Inflação de 2026 cai pela sexta semana seguida; veja a nova previsão
Inflação se aproxima de 5% na projeção do mercado; veja o que mudou
O mercado financeiro reduziu novamente a previsão para a inflação brasileira em 2026. Pela sexta semana consecutiva, os analistas consultados pelo Banco Central revisaram para baixo a estimativa para o Índice Nacional de Preços ao Consumidor Amplo (IPCA).
De acordo com o Boletim Focus, divulgado nesta segunda-feira (10), a expectativa é de que a inflação termine 2026 em 5,02%. Na semana anterior, a projeção estava em 5,03%. Há quatro semanas, o mercado estimava uma inflação de 5,16%.
Além disso, o levantamento mostrou uma pequena revisão na previsão para o crescimento da economia brasileira. A expectativa para o Produto Interno Bruto (PIB) passou de 1,99% para 1,98%.
O que mudou nas projeções para 2026
As expectativas para o câmbio permaneceram estáveis. Pela oitava semana consecutiva, os analistas projetam o dólar em R$ 5,20 no fim de 2026.

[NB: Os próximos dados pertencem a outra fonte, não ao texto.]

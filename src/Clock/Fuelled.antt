-- ===== src/Clock/Fuelled.antt =====
-- `get_time_diff` needs no fuel: it gives the difference, or an overflow as a fault.
use rtmb.Result.Fuelled.{add_long-Fuelled, sub_long-Fuelled, mul_long-Fuelled}
use rtmb.Base.{Fuelled-bind, Fuelled}
use rtmb.Clock.{billion, TimeSpec, get_time_diff, convert_time_to_nsec}
use rtmb.Base.Int.{pos}

convert_time_to_nsec-Fuelled : (ts : TimeSpec) → Fuelled (convert_time_to_nsec ts)
unfolding convert_time_to_nsec
convert_time_to_nsec-Fuelled ts =
    Fuelled-bind (mul_long-Fuelled ts.tv_sec (pos billion)) λ t. add_long-Fuelled t ts.tv_nsec

pub get_time_diff-Fuelled : (start end : TimeSpec) → Fuelled (get_time_diff start end)
unfolding get_time_diff
get_time_diff-Fuelled start end =
    Fuelled-bind (convert_time_to_nsec-Fuelled end)
      λ e. Fuelled-bind (convert_time_to_nsec-Fuelled start) λ s. sub_long-Fuelled e s
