-- ===== src/Command.antt =====
-- rtmb_c/src/harness/RTMB_rd_cmd_line.c: the options of the program. An argument vector is the list
-- of its strings behind the program's name, and stands for the `NULL` behind it where it ends.
-- MAXPATHLEN of <sys/param.h>, the size of the buffers for paths less one, is a parameter.
pub mod Names
pub mod Options
mod Examples
use rtmb.Base.{
  ℕ, zero, suc, ◌+◌, ◌||◌, Bool, true, false, List, [], ◌∷◌, ◌++◌, Option, none, some, leb, length,
  if◌then◌else◌, Fault, buffer_overflow, Run, ok, fault, out_of_fuel, ◌>>=◌, ◌>>◌, require,
}
use rtmb.Base.Int.{ℤ, success, error}
use rtmb.CString.{codes, equal, starts_with, strtok}
use rtmb.Params.{Bytes, RtMode, soft_rt, hard_rt, guaranteed_rt, CmdLineArgs}

-- The branch of the loop of `parse_cmd_line` that an argument takes.
pub data OptionKind : Type 0 where
  help verbose_simple verbose_detailed silent file report quick : OptionKind
  compliant test list_tests hard soft guaranteed unknown : OptionKind

is_option : Bytes → Bytes → Bytes → Bool
is_option long short arg = equal arg long || equal arg short

-- The branches from `--quick` on.
classify_mode : Bytes → OptionKind
unfolding is_option
classify_mode arg =
    if is_option (codes "--quick") (codes "-q") arg
    then quick
    else if is_option (codes "--compliant") (codes "-c") arg
    then compliant
    else if is_option (codes "--test") (codes "-t") arg
    then test
    else if is_option (codes "--test?") (codes "-t?") arg
    then list_tests
    else if equal arg (codes "--hard-rt")
    then hard
    else if equal arg (codes "--soft-rt")
    then soft
    else if equal arg (codes "--guaranteed-rt")
    then guaranteed
    else unknown

pub classify_option : Bytes → OptionKind
unfolding is_option classify_mode
classify_option arg =
    if is_option (codes "--help") (codes "-h") arg || equal arg (codes "-?")
    then help
    else if starts_with (codes "--verbose:simple") arg || starts_with (codes "-v:simple") arg
    then verbose_simple
    else if starts_with (codes "--verbose:detailed") arg || starts_with (codes "-v:detailed") arg
    then verbose_detailed
    else if is_option (codes "--silent") (codes "-s") arg
    then silent
    else if is_option (codes "--file") (codes "-f") arg
    then file
    else if is_option (codes "--report") (codes "-r") arg
    then report
    else classify_mode arg

pub insert_in_test_list : CmdLineArgs → Bytes → CmdLineArgs
insert_in_test_list args name = record args { test_list = name ∷ args.test_list }

-- The loop over the further tokens.
insert_tokens : ℕ → CmdLineArgs → Bytes → Run CmdLineArgs
unfolding insert_in_test_list
insert_tokens zero args saved = out_of_fuel
insert_tokens (suc fuel) args saved = elim (strtok b':' saved) [
  | none ↦ ok args
  | some (token, more) ↦ insert_tokens fuel (insert_in_test_list args token) more
]

-- Without a token the argument itself is the name. A token takes at least one byte.
pub setup_testcase_names : CmdLineArgs → Bytes → Run CmdLineArgs
unfolding insert_in_test_list insert_tokens
setup_testcase_names args testnames = elim (strtok b':' testnames) [
  | none ↦ ok (insert_in_test_list args testnames)
  | some (token, more) ↦ insert_tokens (length testnames + 1) (insert_in_test_list args token) more
]

-- How a round of the loop goes on. The flag of `next_option` says whether the option was unknown.
pub data Step : Type 0 where
  next_option skip_argument : Bool → CmdLineArgs → Step
  exit_program : Step
  return_error : CmdLineArgs → Step

-- How `parse_cmd_line` ends: by `exit(0)`, or with its result and the structure it has filled.
pub data Outcome : Type 0 where
  exited : Outcome
  returned : ℤ → CmdLineArgs → Outcome

module _ (max_path_len : ℕ) where
  -- `strcpy` into a buffer of MAXPATHLEN + 1 bytes.
  copy_path : Bytes → Run Bytes
  copy_path path = if leb (length path) max_path_len then ok path else fault buffer_overflow

  -- An option with an argument; `none` is the `NULL` behind the last one.
  take_argument : (Bytes → Run CmdLineArgs) → Option Bytes → CmdLineArgs → Run Step
  take_argument set none args = ok (return_error args)
  take_argument set (some v) args = do args ← set v; ok (skip_argument false args)

  pub option_step : OptionKind → Option Bytes → CmdLineArgs → Run Step
  unfolding copy_path take_argument
  option_step help next args = ok exit_program
  option_step verbose_simple next args =
      ok (next_option false (record args { verbose = true; verbose_lvl = 1 }))
  option_step verbose_detailed next args =
      ok (next_option false (record args { verbose = true; verbose_lvl = 2 }))
  option_step silent next args = ok (next_option false (record args { verbose = false }))
  option_step file next args =
      take_argument (λ v. do path ← copy_path v; ok (record args { file_name = path })) next args
  option_step report next args =
      take_argument (λ v. do path ← copy_path v; ok (record args { dir_name = path })) next args
  option_step quick next args = ok (next_option false (record args { quick = true }))
  option_step compliant next args = ok (next_option false (record args { quick = false }))
  option_step test next args = take_argument (setup_testcase_names args) next args
  option_step list_tests next args = ok exit_program
  option_step hard next args = ok (next_option false (record args { rt_mode = hard_rt }))
  option_step soft next args = ok (next_option false (record args { rt_mode = soft_rt }))
  option_step guaranteed next args =
      ok (next_option false (record args { rt_mode = guaranteed_rt }))
  option_step unknown next args = ok (next_option true args)

  -- The loop, and what follows it. The flag is `bad_option`.
  pub parse_options : List Bytes → Bool → CmdLineArgs → Run Outcome
  unfolding option_step
  parse_options [] bad args = ok (returned (if bad then error else success) args)
  parse_options (arg ∷ []) bad args = do
    step ← option_step (classify_option arg) none args
    elim step [
      | next_option is_bad args' ↦ parse_options [] (is_bad || bad) args'
      | skip_argument is_bad args' ↦ parse_options [] (is_bad || bad) args'
      | exit_program ↦ ok exited
      | return_error args' ↦ ok (returned error args')
    ]
  parse_options (arg ∷ next ∷ rest) bad args = do
    step ← option_step (classify_option arg) (some next) args
    elim step [
      | next_option is_bad args' ↦ parse_options (next ∷ rest) (is_bad || bad) args'
      | skip_argument is_bad args' ↦ parse_options rest (is_bad || bad) args'
      | exit_program ↦ ok exited
      | return_error args' ↦ ok (returned error args')
    ]

  pub parse_cmd_line : List Bytes → CmdLineArgs → Run Outcome
  unfolding parse_options
  parse_cmd_line argv args = parse_options argv false args

  -- `getcwd` may fail; its result fits the buffer. "/config/input.txt" is 17 bytes longer.
  unfoldable pub setup_default_options :
      (getcwd : Option Bytes) → CmdLineArgs → Run (ℤ × CmdLineArgs)
  unfolding copy_path
  setup_default_options cwd args = elim cwd [
    | none ↦ ok (error, record args { verbose = false; quick = false; rt_mode = soft_rt })
    | some dir ↦ do
      path ← copy_path (dir ++ codes "/config/input.txt")
      ok (
        success,
        record args {
          verbose = false;
          quick = false;
          rt_mode = soft_rt;
          dir_name = dir;
          file_name = path;
        },
      )
  ]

Já a previsão para a taxa básica de juros também não mudou. O mercado continua estimando que a Selic encerrará o ano em 13,75%.

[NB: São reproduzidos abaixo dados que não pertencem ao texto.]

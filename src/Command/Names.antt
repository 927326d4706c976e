-- ===== src/Command/Names.antt =====
-- `setup_testcase_names`: the names that colons separate.
use rtmb.Base.{
  ℕ, zero, suc, ◌<◌, ◌≡◌, refl, ap, ◌∙◌, List, [], ◌∷◌, ◌++◌, reverse, arith, length, length-append,
  ok,
}
use mathlib.Core.List.{reverse-cons, append_assoc}
use rtmb.Params.{Bytes, CmdLineArgs}
use rtmb.CString.Tokens.{IsToken, strtok-append, strtok-all}
use rtmb.Command.{insert_in_test_list, insert_tokens, setup_testcase_names}

-- The names with a colon between each two.
abbrev pub joined : List Bytes → Bytes
joined [] = []
joined (n ∷ []) = n
joined (n ∷ m ∷ ns) = n ++ b':' ∷ joined (m ∷ ns)

abbrev pub AreNames : List Bytes → Type 0
AreNames [] = Unit {0}
AreNames (n ∷ ns) = IsToken b':' n × AreNames ns

-- The names put in front one by one.
abbrev pub in_front : List Bytes → List Bytes → List Bytes
in_front [] tests = tests
in_front (n ∷ ns) tests = in_front ns (n ∷ tests)

abbrev pub with_names : CmdLineArgs → List Bytes → CmdLineArgs
with_names args ns = record args { test_list = in_front ns args.test_list }

token-length : (n : Bytes) → IsToken b':' n → 0 < length n
token-length [] (ne, h) = absurd (ne refl)
token-length (c ∷ n) h = omega arith

insert_tokens-joined :
    (fuel : ℕ) (args : CmdLineArgs) (ns : List Bytes)
    → AreNames ns
    → length (joined ns) < fuel
    → insert_tokens fuel args (joined ns) ≡ ok (with_names args ns)
unfolding insert_tokens insert_in_test_list
insert_tokens-joined zero args ns h enough = absurd (omega arith)
insert_tokens-joined (suc fuel) args [] h enough = refl
insert_tokens-joined (suc zero) args (n ∷ []) (name, h) enough =
    absurd (omega (arith, token-length n name))
insert_tokens-joined (suc (suc fuel)) args (n ∷ []) (name, h) enough =
    rw (insert_tokens, strtok-all b':' n name) refl
insert_tokens-joined (suc fuel) args (n ∷ m ∷ ns) (name, h) enough =
    rw (insert_tokens, strtok-append b':' n (joined (m ∷ ns)) name)
      (insert_tokens-joined fuel (insert_in_test_list args n) (m ∷ ns) h
        (omega (arith, length-append {0} n (b':' ∷ joined (m ∷ ns)), token-length n name)))

in_front-reverse : (ns tests : List Bytes) → in_front ns tests ≡ reverse ns ++ tests
in_front-reverse [] tests = refl
in_front-reverse (n ∷ ns) tests =
    rw (reverse-cons n ns, append_assoc (reverse ns) (n ∷ []) tests)
      (in_front-reverse ns (n ∷ tests))

joined-in_front :
    (args : CmdLineArgs) (n : Bytes) (ns : List Bytes)
    → AreNames (n ∷ ns)
    → setup_testcase_names args (joined (n ∷ ns)) ≡ ok (with_names args (n ∷ ns))
unfolding setup_testcase_names insert_in_test_list
joined-in_front args n [] (name, h) =
    rw (setup_testcase_names, strtok-all b':' n name)
      (insert_tokens-joined _ (insert_in_test_list args n) [] tt (omega arith))
joined-in_front args n (m ∷ ns) (name, h) =
    rw (setup_testcase_names, strtok-append b':' n (joined (m ∷ ns)) name)
      (insert_tokens-joined _ (insert_in_test_list args n) (m ∷ ns) h
        (omega (arith, length-append {0} n (b':' ∷ joined (m ∷ ns)))))

-- A list of names between colons puts every name in front of the tests, the last one first, and
-- changes nothing else.
pub setup_testcase_names-joined :
    (args : CmdLineArgs) (n : Bytes) (ns : List Bytes)
    → AreNames (n ∷ ns)
    → setup_testcase_names args (joined (n ∷ ns))
      ≡ ok (record args { test_list = reverse (n ∷ ns) ++ args.test_list })
setup_testcase_names-joined args n ns h =
    joined-in_front args n ns h
    ∙ ap (λ l. ok (record args { test_list = l })) (in_front-reverse (n ∷ ns) args.test_list)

Portanto, o cenário projetado pelo mercado para 2026 combina uma inflação ligeiramente menor com uma pequena redução na estimativa de crescimento econômico. Ao mesmo tempo, as projeções para dólar e juros permanecem iguais às apresentadas anteriormente.

E o que o mercado espera para 2027?
Para 2027, as projeções apresentaram poucas alterações em relação à semana anterior.

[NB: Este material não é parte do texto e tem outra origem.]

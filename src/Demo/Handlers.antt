-- ===== src/Demo/Handlers.antt =====
-- The branches of mockRouter that answer requests other than GET: services/mockRouter.ts.
pub mod Agents
pub mod Infrastructure
pub mod Monitors
pub mod Observed
pub mod Projects
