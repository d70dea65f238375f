-- ===== src/Demo/Profiles.antt =====
-- The collection profile of an agent: normalizeMockAgentProfile of services/mockRouter.ts.
use everyup.Common.{
  Bool, true, false, Option, some, none, List, [], ◌∷◌, ◌||◌, if◌then◌else◌, keep, any, or_else,
}
use everyup.Api.Agents.{AgentProfile, AgentProfileKind, AgentCollectionCapability}

-- Partial<AgentProfile>.
pub record PartialProfile : Type 0 where
  pub kind : Option AgentProfileKind
  pub capabilities : Option (List AgentCollectionCapability)

abbrev pub all_capabilities : List AgentCollectionCapability
all_capabilities =
    AgentCollectionCapability.uptime ∷ AgentCollectionCapability.logs
    ∷ AgentCollectionCapability.infrastructure ∷ AgentCollectionCapability.api
    ∷ AgentCollectionCapability.metrics ∷ []

-- Equality of capabilities, on which `Set.has` rests.
abbrev pub same_capability : AgentCollectionCapability → AgentCollectionCapability → Bool
same_capability AgentCollectionCapability.uptime AgentCollectionCapability.uptime = true
same_capability AgentCollectionCapability.logs AgentCollectionCapability.logs = true
same_capability AgentCollectionCapability.infrastructure AgentCollectionCapability.infrastructure =
    true
same_capability AgentCollectionCapability.api AgentCollectionCapability.api = true
same_capability AgentCollectionCapability.metrics AgentCollectionCapability.metrics = true
same_capability _ _ = false

abbrev pub has : List AgentCollectionCapability → AgentCollectionCapability → Bool
has xs c = any (same_capability c) xs

-- The set of a custom profile: logs and api need uptime.
unfoldable pub selected : List AgentCollectionCapability → List AgentCollectionCapability
selected given =
    if has given AgentCollectionCapability.logs || has given AgentCollectionCapability.api
    then AgentCollectionCapability.uptime ∷ given
    else given

custom_profile : List AgentCollectionCapability → AgentProfile
unfolding selected
custom_profile given = record {
  kind = AgentProfileKind.custom;
  capabilities = keep (has (selected given)) all_capabilities;
}

basic_profile : AgentProfile
basic_profile = record {
  kind = AgentProfileKind.basic;
  capabilities = AgentCollectionCapability.uptime ∷ AgentCollectionCapability.logs ∷ [];
}

full_profile : AgentProfile
full_profile = record { kind = AgentProfileKind.all_in_one; capabilities = all_capabilities }

by_kind : Option AgentProfileKind → List AgentCollectionCapability → AgentProfile
unfolding custom_profile basic_profile full_profile
by_kind (some AgentProfileKind.basic) given = basic_profile
by_kind (some AgentProfileKind.custom) given = custom_profile given
by_kind (some AgentProfileKind.all_in_one) given = full_profile
by_kind none given = full_profile

unfoldable pub normalize_profile : Option PartialProfile → AgentProfile
unfolding by_kind full_profile
normalize_profile none = full_profile
normalize_profile (some p) = by_kind p.kind (or_else p.capabilities [])
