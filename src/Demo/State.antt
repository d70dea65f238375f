-- ===== src/Demo/State.antt =====
-- The fixtures that the demo server keeps in memory and changes: the module-level arrays, maps and
-- sets of services/mockRouter.ts, with what a request finds in its surroundings.
use everyup.Common.{
  ℕ, zero, suc, String, Bool, true, false, Option, some, none, List, [], ◌∷◌, if◌then◌else◌, ◌==◌,
  ◌+++◌, hex_byte, any,
}
use everyup.Api.Agents.{
  ConnectedAgent, AgentServiceFlat, AgentProfile, AgentJoinCode, SignalReceipt, AgentProfileKind,
  AgentCollectionCapability,
}
use everyup.Api.Hosts.{InfrastructureResource}
use everyup.Api.Monitors.{UptimeMonitor, UptimeMonitorType}
use everyup.Api.Observed.{ObservedService, TelemetrySignal}
use everyup.Api.Projects.{Project}
use everyup.Demo.Profiles.{PartialProfile}

pub data RunStatus : Type 0 where
  planned applying verified failed rolled_back rollback_failed : RunStatus

pub record RunTarget : Type 0 where
  pub key : String
  pub name : String
  pub runtime : String

-- features/services/instrumentationApi.ts
pub record InstrumentationRun : Type 0 where
  pub id : String
  pub agent_id : String
  pub project : String
  pub targets : List RunTarget
  pub capture_bodies : Bool
  pub status : RunStatus
  pub reason : String
  pub created_at : ℕ
  pub updated_at : ℕ
  pub started_at : Option ℕ
  pub signals : List SignalReceipt

-- A Map of the source is its entries in the order of their insertion.
pub record DemoState : Type 0 where
  pub agents : List ConnectedAgent
  pub services : List AgentServiceFlat
  pub monitors : List UptimeMonitor
  pub projects : List Project
  pub observed : List ObservedService
  pub infrastructure : List InfrastructureResource
  pub log_filters : List (String × List String)
  pub api_exclusions : List (String × List String)
  pub pending_profiles : List String
  pub runs : List (String × InstrumentationRun)

-- Date.now(), the random bytes that the request draws, and decodeURIComponent; `none` is its
-- URIError.
pub record Env : Type 0 where
  pub now : ℕ
  pub byte : ℕ → ℕ
  pub decode : String → Option String

-- A JSON object with the fields that some handler reads; a field that it lacks is `none`.
pub record Payload : Type 0 where
  pub id : Option String
  pub name : Option String
  pub description : Option String
  pub project_id : Option String
  pub signals : Option (List TelemetrySignal)
  pub levels : Option (List String)
  pub paths : Option (List String)
  pub profile : Option PartialProfile
  pub kind : Option AgentProfileKind
  pub capabilities : Option (List AgentCollectionCapability)
  pub type : Option UptimeMonitorType
  pub url : Option String
  pub host : Option String
  pub port : Option ℕ
  pub method : Option String
  pub expected_status : Option ℕ
  pub timeout : Option ℕ
  pub interval : Option ℕ
  pub is_active : Option Bool
  pub project : Option String
  pub keys : Option (List String)
  pub capture_bodies : Option Bool

abbrev pub empty_payload : Payload
empty_payload = record {
  id = none;
  name = none;
  description = none;
  project_id = none;
  signals = none;
  levels = none;
  paths = none;
  profile = none;
  kind = none;
  capabilities = none;
  type = none;
  url = none;
  host = none;
  port = none;
  method = none;
  expected_status = none;
  timeout = none;
  interval = none;
  is_active = none;
  project = none;
  keys = none;
  capture_bodies = none;
}

-- No text, a text that JSON.parse refuses, the text `null`, or the object that it holds.
pub data Body : Type 0 where
  absent malformed null : Body
  json : Payload → Body

-- `JSON.parse(typeof body === 'string' ? body : '{}')`; `none` is the SyntaxError. For a handler that
-- copies the fields of `null`, or reads them by `?.`, it has none.
abbrev pub parse : Body → Option Payload
parse absent = some empty_payload
parse malformed = none
parse null = some empty_payload
parse (json p) = some p

-- For a handler that reads a field: that of `null` is a TypeError.
abbrev pub parse_object : Body → Option Payload
parse_object absent = some empty_payload
parse_object malformed = none
parse_object null = none
parse_object (json p) = some p

abbrev pub is_null : Body → Bool
is_null null = true
is_null _ = false

-- The `id` that a body has, where it is one that parses.
abbrev pub body_id : Body → Option String
body_id b = elim (parse b) [ none ↦ none | some p ↦ p.id ]

pub data Failure : Type 0 where
  not_found syntax_error type_error uri_error source_unavailable : Failure

-- What `parse_object` ends in where it gives no object.
abbrev pub refusal : Body → Failure
refusal null = Failure.type_error
refusal _ = Failure.syntax_error

pub data Reply : Type 0 where
  null undefined : Reply
  infrastructure : InfrastructureResource → Reply
  observed : ObservedService → Reply
  project : Project → Reply
  monitor : UptimeMonitor → Reply
  profile : AgentProfile → Reply
  created_agent : (id name : String) → AgentProfile → AgentJoinCode → Reply
  join : AgentJoinCode → Reply
  api_key : String → Reply
  levels paths : List String → Reply
  run : InstrumentationRun → Reply
  thrown : Failure → Reply

-- `row as T`, where the row may be undefined.
abbrev pub reply_row {ℓ} : {A : Type ℓ} → (A → Reply) → Option A → Reply
reply_row f none = undefined
reply_row f (some r) = f r

-- `Map.get`, `Map.set` and `Map.delete`.
module _ {ℓ} {V : Type ℓ} where
  abbrev pub map_get : String → List (String × V) → Option V
  map_get k [] = none
  map_get k ((j, v) ∷ m) = if j == k then some v else map_get k m

  abbrev pub map_set : String → V → List (String × V) → List (String × V)
  map_set k v [] = (k, v) ∷ []
  map_set k v ((j, w) ∷ m) =
      let rest = map_set k v m in if j == k then (j, v) ∷ m else (j, w) ∷ rest

  abbrev pub map_delete : String → List (String × V) → List (String × V)
  map_delete k [] = []
  map_delete k ((j, w) ∷ m) = let rest = map_delete k m in if j == k then m else (j, w) ∷ rest

-- `Set.add`.
abbrev pub set_add : String → List String → List String
set_add k xs = if any (λ x. x == k) xs then xs else k ∷ xs

-- randomHex, over the bytes that the request draws.
unfoldable pub random_hex : (ℕ → ℕ) → ℕ → String
random_hex byte zero = ""
random_hex byte (suc n) = random_hex byte n +++ hex_byte (byte n)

A principal mudança ocorreu na estimativa para o PIB. A previsão de crescimento da economia passou de 1,57% para 1,52%.
Por outro lado, a projeção para a inflação permaneceu em 4,22%. O mercado também manteve a expectativa de dólar a R$ 5,28 e de Selic em 12% ao ano.
Para 2028, as projeções também permaneceram estáveis. O mercado estima inflação de 3,80%, crescimento de 2% para o PIB, dólar em R$ 5,30 e taxa Selic em 10,50%.
Por que os juros influenciam a inflação?
O Banco Central utiliza a taxa Selic como principal instrumento de política monetária para tentar controlar a inflação.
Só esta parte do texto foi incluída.